Ok, so I did not notice how my old dimmer was installed so have no idea what wires get conencted where ?,   The olde dimmer had yellow, red. black and green wires.  Please help

I have a chandalier connected by two light switches, The one upstairs is a three way switch (2 Blacks and 1 Red Wire). The box upstairs also has all white wires tied together. Downstairs where I want to install the Dimmer I have White, Black and Red Wire in the Box. My Dimmer has 2 Reds (One labelled or tagged Common/traveller) 1 Black and 1 Green. I know the Greens are ground, but how do I connect the dimmer so both switches work correctly. I hooked up One Red Tagged Common to the white wire, red to red and black to black.

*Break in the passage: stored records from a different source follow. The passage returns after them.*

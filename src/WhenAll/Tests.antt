-- ===== src/WhenAll/Tests.antt =====
-- `when_all` of include/when_all.hpp on two awaitables: one ends before the `co_await`, one after it.
use libcoio.Base.{ℕ, ◌<◌, ◌≡◌, refl, Bool, true, false, none, some, List, [], ◌∷◌, arith}
use mathlib.Core.List.{map}
use libcoio.Outcome.{Outcome, returned, threw, logic_error}
use libcoio.Task.{TaskPromise, new_task, set_callback, finish}
use libcoio.AwaitCounter.{asleep, going_on, notify_complete_one}
use libcoio.WhenAll.{
  gather_tuple, Join, started, load_counter, store_counter, callback, loads, stores, ends, Steps,
  stay, more, gather,
}
use libcoio.WhenAll.Joins.{open_tasks, Steps-joins}
use libcoio.WhenAll.Gather.{ended_in_tuple, tuple_outcome, gather_tuple_lem}

abbrev fresh_task : TaskPromise ℕ
fresh_task = set_callback new_task

abbrev s0 : Join ℕ
s0 = started ℕ 2

abbrev s1 : Join ℕ
s1 = callback true (record s0 { tasks = fresh_task ∷ (finish (returned 5) fresh_task).1 ∷ [] })

abbrev s2 : Join ℕ
s2 = store_counter 7 (load_counter s1)

abbrev s3 : Join ℕ
s3 = callback true (record s2 {
  tasks = (finish (returned 4) fresh_task).1 ∷ (finish (returned 5) fresh_task).1 ∷ [];
})

run_to_end : Steps 7 s0 s3
unfolding finish notify_complete_one
run_to_end =
    more s0 s2 s3
      (more s0 (load_counter s1) s2
        (more s0 s1 (load_counter s1)
          (more s0 s0 s1 (stay s0)
            (ends s0 (fresh_task ∷ []) fresh_task [] (returned 5) refl refl (λ e. cc (e))))
          (loads s1 refl))
        (stores (load_counter s1) refl))
      (ends s2 [] fresh_task ((finish (returned 5) fresh_task).1 ∷ []) (returned 4) refl refl
        (λ e. cc (e)))

wakes : s3.waiter ≡ going_on
unfolding notify_complete_one
wakes = refl

Steps-joins_example :
    (s3.waiter ≡ going_on
      → (open_tasks s3.tasks ≡ 0) × ((o : Outcome (List ℕ)) × (gather s3.tasks ≡ some o)))
    × (s3.waiter ≡ asleep → (0 < open_tasks s3.tasks) × (s3.counter.continuation ≡ some 7))
Steps-joins_example = Steps-joins 7 2 s3 (omega arith) run_to_end

abbrev two : List ℕ
two = 4 ∷ 5 ∷ []

abbrev mixed : List (Bool × Outcome ℕ)
mixed = (false, returned 4) ∷ (true, threw logic_error) ∷ []

exception_lost : tuple_outcome mixed ≡ returned (some 4 ∷ none ∷ [])
unfolding tuple_outcome
exception_lost = refl

gather_tuple_lem_example : gather_tuple (map ended_in_tuple mixed) ≡ some (tuple_outcome mixed)
gather_tuple_lem_example = gather_tuple_lem mixed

The dimmer does not work, as when I turn off upstairs light the dimmer downstairs does not work. i,e the dimmers do not operate independantly.

Please help


----------



## Square Eye (Dec 3, 2006)

Do I understand you correctly that you have a dimmer upstairs and a dimmer down stairs?
If so, then your lights will never be any brighter than the dimmer that is set to the lower setting.
The easiest way to determine what wire goes where, is to get a meter. Set it on ac volts, over 100 volts.. Attach one end to ground, look for voltage on the other wires. When you find power, mark that wire. Then go flip the other switch. Back at the meter, look for power again. 

IF you find power on a different wire, that is the other traveler. The remaining wire is the common.

IF the power is still on the same wire, then that is the common wire.

2 dimmers on one 3-way circuit is just not a good idea. You need to decide which end is most convenient to adjust the lighting from, 
OR 
Which end you will just want to turn the lights on from.. in a 'set and forget' dimmer situation, make that dimmer the least convenient to operate.



Either way, If you don't have a meter, a test light will also work.


Welcome to the forum!


----------



## JoeD (Dec 3, 2006)

This will only take three tries to get it right. Connect any one of the three wires to the common wire from the dimmer. Connect the other two wires to the traveler wires from the dimmer. If it doesn't work properly swap one of the other wires to the common. If it still doesn't work swap the third wire to the common.
It is unusual to have one of the red wires as the common. Usually if there are two wires one color and a third wire another color the odd colored wire is the common.


----------